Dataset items
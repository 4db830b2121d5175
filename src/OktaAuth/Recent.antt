-- ===== src/OktaAuth/Recent.antt =====
-- lib/authenticators/okta: whose responses are kept, and what a second factor stands on.
use keymaster.Prelude.{
  ℕ, ◌≤◌, String, true, List, ◌∷◌, Memᴰ, some, ltb, ◌≡◌, inl, inr, arith, Bool-cases, Option-cases,
  [],
}
use keymaster.Prelude.Int.{ℤ}
use keymaster.Prelude.Dict.{lookup}
use keymaster.Result.{Result, ok}
use keymaster.State.{push_response_approved}
use keymaster.OktaAuth.{
  Okta, OktaApiPrimaryResponse, OktaApiMfaFactors, AuthCacheData, RecentAuth, first_factor,
  expiry_of, accepted_login, password_authenticate, get_valid_user_response, verified_totp,
  verified_push, validate_user_otp, validate_user_push,
}

-- A login: who tries it, with what, when, and how the service answers then.
pub record Login : Type 0 where
  pub okta : Okta
  pub now : ℕ
  pub username : String
  pub password : String

module _ (suffix : String) where
  -- The caches that a run of the checker comes to, with the logins of the run, the last one first:
  -- logins, passwords and pushes in any order, the service answering differently each time.
  pub data Reached : List Login → RecentAuth → Type 0 where
    fresh : Reached [] []
    logged_in :
        {history : List Login} {recent : RecentAuth} (l : Login)
        → Reached history recent
        → Reached
            (l ∷ history)
            (password_authenticate l.okta suffix l.now l.username l.password recent).1
    looked_up :
        {history : List Login} {recent : RecentAuth} (now : ℕ) (username : String)
        → Reached history recent
        → Reached history (get_valid_user_response now username recent).1

  -- An entry is what the service answered to an accepted login of the run, the user's own, and
  -- expires when that answer says.
  abbrev pub FromLogin : List Login → (username : String) → AuthCacheData → Type 0
  FromLogin history username d =
      (l : Login) × Memᴰ l history
      × (l.username ≡ username)
      × (accepted_login l.okta suffix username l.password ≡ ok (some d.response))
      × (d.expires ≡ expiry_of l.okta l.now d.response)

  abbrev pub AllFromLogin : List Login → RecentAuth → Type 0
  AllFromLogin history recent =
      (username : String) (d : AuthCacheData)
      → lookup username recent ≡ some d
      → FromLogin history username d

-- A live entry of the user.
pub record Live (now : ℕ) (username : String) (recent : RecentAuth)
    (response : OktaApiPrimaryResponse) : Type 0 where
  pub entry : AuthCacheData
  pub found : lookup username recent ≡ some entry
  pub live : now ≤ entry.expires
  pub same : entry.response ≡ response

valid-Live :
    (now : ℕ) (username : String) (recent : RecentAuth) (response : OktaApiPrimaryResponse)
    → (get_valid_user_response now username recent).0 ≡ some response
    → Live now username recent response
unfolding get_valid_user_response
valid-Live now username recent response h = elim (Option-cases (lookup username recent)) [
  | inl absent ↦ absurd (ground arith)
  | inr (d, found) ↦ elim (Bool-cases (ltb d.expires now)) [
    | inl late ↦ absurd (ground arith)
    | inr early ↦ record { entry = d; found = found; live = ground arith; same = ground arith }
  ]
]

module _ (okta : Okta) (now : ℕ) (username : String) (recent : RecentAuth) where
  -- A one-time password is accepted only on a live response of the user's own, whose first factor of
  -- that type the service has verified with it; a push is approved only likewise.
  pub validate_user_otp-Live :
      (otp_value : ℤ)
      → (validate_user_otp okta now username otp_value recent).0 ≡ ok true
      → (response : OktaApiPrimaryResponse) × (factor : OktaApiMfaFactors) × Live now username
          recent response
        × (first_factor "token:software:totp" response.factors ≡ some factor)
        × (verified_totp okta response otp_value factor ≡ ok true)
  unfolding validate_user_otp
  validate_user_otp-Live otp_value h =
      elim (Option-cases (get_valid_user_response now username recent).0) [
        | inl absent ↦ absurd (ground arith)
        | inr (response, found) ↦
            elim (Option-cases (first_factor "token:software:totp" response.factors)) [
              | inl no_factor ↦ absurd (ground arith)
              | inr (factor, first) ↦ (
                response,
                factor,
                valid-Live now username recent response found,
                first,
                ground arith,
              )
            ]
      ]

  pub validate_user_push-Live :
      (validate_user_push okta now username recent).0 ≡ ok push_response_approved
      → (response : OktaApiPrimaryResponse) × (factor : OktaApiMfaFactors) × Live now username
          recent response
        × (first_factor "push" response.factors ≡ some factor)
        × (verified_push okta response factor ≡ ok push_response_approved)
  unfolding validate_user_push
  validate_user_push-Live h = elim (Option-cases (get_valid_user_response now username recent).0) [
    | inl absent ↦ absurd (ground arith)
    | inr (response, found) ↦ elim (Option-cases (first_factor "push" response.factors)) [
      | inl no_factor ↦ absurd (ground arith)
      | inr (factor, first) ↦
          (response, factor, valid-Live now username recent response found, first, ground arith)
    ]
  ]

Task instructions >>
The full set of entries should appear again, unchanged, line by line.

Completed exercise >>
repository 4db830b2121d5175
filename src/OktaAuth/Recent.antt
-- ===== src/OktaAuth/Recent.antt =====
-- lib/authenticators/okta: whose responses are kept, and what a second factor stands on.
use keymaster.Prelude.{
  ℕ, ◌≤◌, String, true, List, ◌∷◌, Memᴰ, some, ltb, ◌≡◌, inl, inr, arith, Bool-cases, Option-cases,
  [],
}
use keymaster.Prelude.Int.{ℤ}
use keymaster.Prelude.Dict.{lookup}
use keymaster.Result.{Result, ok}
use keymaster.State.{push_response_approved}
use keymaster.OktaAuth.{
  Okta, OktaApiPrimaryResponse, OktaApiMfaFactors, AuthCacheData, RecentAuth, first_factor,
  expiry_of, accepted_login, password_authenticate, get_valid_user_response, verified_totp,
  verified_push, validate_user_otp, validate_user_push,
}

-- A login: who tries it, with what, when, and how the service answers then.
pub record Login : Type 0 where
  pub okta : Okta
  pub now : ℕ
  pub username : String
  pub password : String

module _ (suffix : String) where
  -- The caches that a run of the checker comes to, with the logins of the run, the last one first:
  -- logins, passwords and pushes in any order, the service answering differently each time.
  pub data Reached : List Login → RecentAuth → Type 0 where
    fresh : Reached [] []
    logged_in :
        {history : List Login} {recent : RecentAuth} (l : Login)
        → Reached history recent
        → Reached
            (l ∷ history)
            (password_authenticate l.okta suffix l.now l.username l.password recent).1
    looked_up :
        {history : List Login} {recent : RecentAuth} (now : ℕ) (username : String)
        → Reached history recent
        → Reached history (get_valid_user_response now username recent).1

  -- An entry is what the service answered to an accepted login of the run, the user's own, and
  -- expires when that answer says.
  abbrev pub FromLogin : List Login → (username : String) → AuthCacheData → Type 0
  FromLogin history username d =
      (l : Login) × Memᴰ l history
      × (l.username ≡ username)
      × (accepted_login l.okta suffix username l.password ≡ ok (some d.response))
      × (d.expires ≡ expiry_of l.okta l.now d.response)

  abbrev pub AllFromLogin : List Login → RecentAuth → Type 0
  AllFromLogin history recent =
      (username : String) (d : AuthCacheData)
      → lookup username recent ≡ some d
      → FromLogin history username d

-- A live entry of the user.
pub record Live (now : ℕ) (username : String) (recent : RecentAuth)
    (response : OktaApiPrimaryResponse) : Type 0 where
  pub entry : AuthCacheData
  pub found : lookup username recent ≡ some entry
  pub live : now ≤ entry.expires
  pub same : entry.response ≡ response

valid-Live :
    (now : ℕ) (username : String) (recent : RecentAuth) (response : OktaApiPrimaryResponse)
    → (get_valid_user_response now username recent).0 ≡ some response
    → Live now username recent response
unfolding get_valid_user_response
valid-Live now username recent response h = elim (Option-cases (lookup username recent)) [
  | inl absent ↦ absurd (ground arith)
  | inr (d, found) ↦ elim (Bool-cases (ltb d.expires now)) [
    | inl late ↦ absurd (ground arith)
    | inr early ↦ record { entry = d; found = found; live = ground arith; same = ground arith }
  ]
]

module _ (okta : Okta) (now : ℕ) (username : String) (recent : RecentAuth) where
  -- A one-time password is accepted only on a live response of the user's own, whose first factor of
  -- that type the service has verified with it; a push is approved only likewise.
  pub validate_user_otp-Live :
      (otp_value : ℤ)
      → (validate_user_otp okta now username otp_value recent).0 ≡ ok true
      → (response : OktaApiPrimaryResponse) × (factor : OktaApiMfaFactors) × Live now username
          recent response
        × (first_factor "token:software:totp" response.factors ≡ some factor)
        × (verified_totp okta response otp_value factor ≡ ok true)
  unfolding validate_user_otp
  validate_user_otp-Live otp_value h =
      elim (Option-cases (get_valid_user_response now username recent).0) [
        | inl absent ↦ absurd (ground arith)
        | inr (response, found) ↦
            elim (Option-cases (first_factor "token:software:totp" response.factors)) [
              | inl no_factor ↦ absurd (ground arith)
              | inr (factor, first) ↦ (
                response,
                factor,
                valid-Live now username recent response found,
                first,
                ground arith,
              )
            ]
      ]

  pub validate_user_push-Live :
      (validate_user_push okta now username recent).0 ≡ ok push_response_approved
      → (response : OktaApiPrimaryResponse) × (factor : OktaApiMfaFactors) × Live now username
          recent response
        × (first_factor "push" response.factors ≡ some factor)
        × (verified_push okta response factor ≡ ok push_response_approved)
  unfolding validate_user_push
  validate_user_push-Live h = elim (Option-cases (get_valid_user_response now username recent).0) [
    | inl absent ↦ absurd (ground arith)
    | inr (response, found) ↦ elim (Option-cases (first_factor "push" response.factors)) [
      | inl no_factor ↦ absurd (ground arith)
      | inr (factor, first) ↦
          (response, factor, valid-Live now username recent response found, first, ground arith)
    ]
  ]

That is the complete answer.